Anyone want to buy some cigars??? :r

Oh... just found this

http://boston.craigslist.org/clt/16366579.html

Looks like Scenes72 is selling Baseball collectables now!!!


----------



## tbateman (Jun 1, 1998)

My first box purchase (because I didn't have a clue)...

Lone Wolf Torpedos (the Belusi/Norris backed ones from the Boom Era) u


----------



## emgjet (Jan 1, 2000)

Sorry to hear about that NERO...I had a bad feeling about it from the beginning.


----------



## poker (Dec 11, 1997)

agreed emgjet, so did I. Looks like scenes72 is trying now to offload his crap on Yahoo Auctions and is listing them closer to what they really are: 


> Habano seed cigars made in the Dominican Republic. Great tasting smokes. Fool your friends or look cool smoking them! THESE ARE NOT CUBAN CIGARS. The bands are made for Habanos SA in Spain and the cigars are made in DR.


http://page.auctions.shopping.yahoo.com/auction/82776578?aucview=0x23

Like my friend Jody said, the closer we get to the Holiday season, the more of these scammers & rip off artists we'll see. It happens all the time & especially increases in December. 
Sorry to hear you got ripped nero.


----------



## TomN (Sep 1, 2003)

Damn Nero, I'm sorry to hear that! 

As for the worst cigar, I'd have to say that while the Macanudo Robust tastes like, well, nothing, at least I smoked the whole thing. No the only one so far that I actually threw out while smoking it was a Excal 1066 Black Knight.
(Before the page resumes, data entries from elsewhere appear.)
-- ===== src/Tether/Policy.antt =====
-- bridges/tetheroffload/MddpBackend.cpp: switching the offload on for the one downstream, which flows it
-- takes, and the conntrack messages that add and remove them.
pub mod Admission
mod Examples
use android_device_ikko_mind.Common.{
  ℕ, zero, suc, ◌+◌, ◌-◌, ◌*◌, ◌/◌, ◌%◌, ◌≤◌, Bool, true, false, not, ◌&&◌, ◌||◌, Option, none,
  some, List, [], ◌∷◌, ◌++◌, ltb, leb, ◌==◌, if◌then◌else◌, length, is_empty, to_le, bytes_eq,
  bit_and,
}
use android_device_ikko_mind.Tether.Flow.{Bytes, Flow, key, parse_flow, widen, af_inet, ipproto_tcp}
use android_device_ikko_mind.Tether.Flow.Prefix.{contains}
use android_device_ikko_mind.Tether.Backend.{
  Host, Backend, find, remove, notice, request, inject, is_found,
}
use android_device_ikko_mind.Tether.Backend.Control.{
  connection_mode, control, deactivate, sysctl_or,
}

-- The loop over the downstreams; `none` where two of them are on different interfaces.
pub desired_from : Bytes → List (Bytes × Bytes) → Option Bytes
desired_from desired [] = some desired
desired_from desired ((iface, p) ∷ rest) =
    if not (is_empty desired) && not (bytes_eq desired iface) then none else desired_from iface rest

pub desired : {W : Type 0} → Backend W → Option Bytes
desired b =
    if not (is_empty b.upstream) && (b.v4 || b.v6) then desired_from [] b.downstreams else some []

-- `f.status & (1u << n)`.
abbrev pub has_status : Flow → ℕ → Bool
has_status f mask = not (bit_and f.status mask == 0)

-- What `recvmsg` gives `conntrack`: EAGAIN or EINTR; an error, a cut or a foreign datagram; or the
-- messages in it, and whether they fill it.
pub data Datagram : Type 0 where
  not_yet rejected : Datagram
  messages : Bool → List (ℕ × Bytes) → Datagram

module _ {W : Type 0} (host : Host W) where
  -- The timeouts of the two protocols, in the eight bytes of `values`.
  send_timeouts : Backend W → Bool × Backend W
  send_timeouts b =
      let (udp, w1) = host.sysctl_number 0 b.world in
      let (tcp, w2) = host.sysctl_number 1 w1 in
      let (reply, c) =
        request host 255 6 (to_le 4 (sysctl_or 180 udp) ++ to_le 4 (sysctl_or 432000 tcp))
          (record b { world = w2 }) in
      (is_found reply, c)

  -- `deactivate(); return false;`
  fall_back : Backend W → Bool × Backend W
  fall_back b = (false, (deactivate host b).1)

  -- From `mDownstream = desired` on.
  pub switch_on : Bytes → Backend W → Bool × Backend W
  switch_on iface b =
      let (answered, c) = control host 2 1 (record b { downstream = iface }) in
      let (still, d) = connection_mode host (record c { active = true }) in
      let (sent, e) = send_timeouts d in
      if not answered
      then (false, c)
      else if not still
      then fall_back d
      else if not sent
      then fall_back e
      else (true, notice 1 [] e)

  turn_on : Bytes → Backend W → Bool × Backend W
  turn_on iface b =
      let (mode, c) = connection_mode host b in
      if is_empty iface || b.active
      then (true, b)
      else if not mode
      then (false, c)
      else switch_on iface c

  aim : Option Bytes → Backend W → Bool × Backend W
  aim none b = (false, b)
  aim (some iface) b =
      let (stopped, c) = deactivate host b in
      if b.active && not (bytes_eq iface b.downstream)
      then if stopped then turn_on iface c else (false, c)
      else turn_on iface b

  unfoldable pub reconcile : Backend W → Bool × Backend W
  unfolding aim turn_on desired desired_from
  reconcile b = if b.reader_failed then (false, b) else aim (desired b) b

  -- The flow's public address is the modem's own; in IPv6 nothing is translated.
  same_address : Flow → Option Bytes → Bool
  same_address f none = false
  same_address f (some v) = bytes_eq (widen v) f.public

  pub is_translated : Flow → Backend W → Bool
  is_translated f b =
      if f.family == af_inet
      then same_address f (host.inet_pton af_inet b.v4_address)
      else bytes_eq f.src f.public && f.sport == f.public_port

  -- Some local prefix holds the source or the destination.
  pub is_local : Flow → List Bytes → Bool
  is_local f [] = false
  is_local f (p ∷ rest) =
      contains host.inet_pton p f.family f.src
      || contains host.inet_pton p f.family f.dst
      || is_local f rest

  pub holds_source : Flow → Bytes → List (Bytes × Bytes) → Bool
  holds_source f iface [] = false
  holds_source f iface ((i, p) ∷ rest) =
      (bytes_eq i iface && contains host.inet_pton p f.family f.src) || holds_source f iface rest

  -- The interface through which the flow is offloaded, if it is: every entry that is taken names
  -- `mDownstream`.
  pub admit : Flow → Backend W → Option Bytes
  admit f b =
      if not b.active
        || (if f.family == af_inet then not b.v4 else not b.v6)
        || f.timeout == 0
        || not (has_status f 2)
        || (f.proto == ipproto_tcp && not (has_status f 4))
        || not (bytes_eq f.reply_src f.dst)
        || not (f.reply_port == f.dport)
      then none
      else if not (is_translated f b)
      then none
      else if is_local f b.prefixes
      then none
      else if holds_source f b.downstream b.downstreams
      then some b.downstream
      else none

  -- A destruction that names another incarnation of the flow is not for the one that is known.
  is_stale : Flow → Option Flow → Bool
  is_stale f none = false
  is_stale f (some known) =
      f.destroy && not (f.id == 0) && not (known.id == 0) && not (f.id == known.id)

  evict : Flow → Option Flow → Backend W → Bool × Backend W
  evict f none b = (true, b)
  evict f (some known) b =
      let (gone, c) = inject host known true b.downstream b in
      if gone then (true, record c { flows = remove (key f) c.flows }) else (false, c)

  insert : Flow → Option Bytes → Backend W → Bool × Backend W
  insert f none b = (true, b)
  insert f (some iface) b =
      if leb 8192 (length b.flows) then (true, b) else inject host f false iface b

  -- One message of the loop in `conntrack` that `parseFlow` accepts.
  pub track : Flow → Backend W → Bool × Backend W
  track f b =
      let known = find (key f) b.flows in
      let allowed : Option Bytes = if f.destroy then none else admit f b in
      let (evicted, c) = evict f known b in
      if is_stale f known then (true, b) else if evicted then insert f allowed c else (false, c)

  track_parsed : Option Flow → Backend W → Bool × Backend W
  track_parsed none b = (true, b)
  track_parsed (some f) b = track f b

  -- The messages with their types; NLMSG_ERROR is 2 and NLMSG_OVERRUN 4.
  messages_loop : Bool → List (ℕ × Bytes) → Backend W → Bool × Backend W
  messages_loop whole [] b = (whole, b)
  messages_loop whole ((type, message) ∷ rest) b =
      let (ok, c) = track_parsed (parse_flow message) b in
      let more = messages_loop whole rest c in
      if type == 4 || type == 2 then (false, b) else if ok then more else (false, c)

  pub conntrack : Datagram → Backend W → Bool × Backend W
  conntrack not_yet b = (true, b)
  conntrack rejected b = (false, b)
  conntrack (messages whole list) b = messages_loop whole list b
I think I got a bad one but have been too afraid to try another to make sure.


----------



## Quixote (Oct 27, 2003)

A HdM Dark Sumatra Media Noche. I couldn't even get through half of this horrible excuse for a cigar. It smelled so bad after I let it burn out that I had to throw it out on the lawn.

If this had been the first cigar I'd ever tried, I never would have picked up another one.


-Quixote


----------



## AAlmeter (Dec 31, 1999)

mayorga high octane. horrible construction, green spots all over the wrapper, and was the youngest tasting cigar ive ever had. i could make a better cigar from grass clippings. the thing is, i think there were a bunch of guys on here that liked them and a good friend of mine with similar tastes liked them. I may have had a bad one, but i was so scarred from this experience that I didnt want to waste another match on these cigars...let alone the money.


----------



## robmcd (Apr 9, 2002)

nero said:


> *"Genuine" Partagas Serie D #4 (genuine my ass) purchased from Scenes72... *


sorry nero.

i found this over at CW- take a look if you haven't seen this already (posted by Mad Dawg):

_
Have a look at the following four boxes of "Cohiba Esplendidos" offered for sale by 4 different sellers:

http://cgi.ebay.com/ws/eBayISAPI.dll?ViewItem&item=3253434904&category=11673#ebayphotohosting

http://cgi.ebay.com/ws/eBayISAPI.dll?ViewItem&item=3253232161&category=11673#ebayphotohosting

http://cgi.ebay.com/ws/eBayISAPI.dll?ViewItem&item=3252976246&category=11673#ebayphotohosting

http://cgi.ebay.com/ws/eBayISAPI.dll?ViewItem&item=3253056932&category=11673#ebayphotohosting

Interesting how 4 different people can be selling the same box of cigars. Now the last one is a real deal: Buy It Now for $150! 
_


----------



## dayplanner (Dec 11, 1997)

:r Don't you find it funny that the only box without any bids is the real box...


----------



## ChrisM (Oct 31, 2003)

I smoked a Black Pearl (belicoso shape) a few days ago that I thought sucked. It had a unique taste, and in this case, was not a good thing. It smelled "unique" before lighting it, I should've known... It had a beautiful label though...


----------



## poker (Dec 11, 1997)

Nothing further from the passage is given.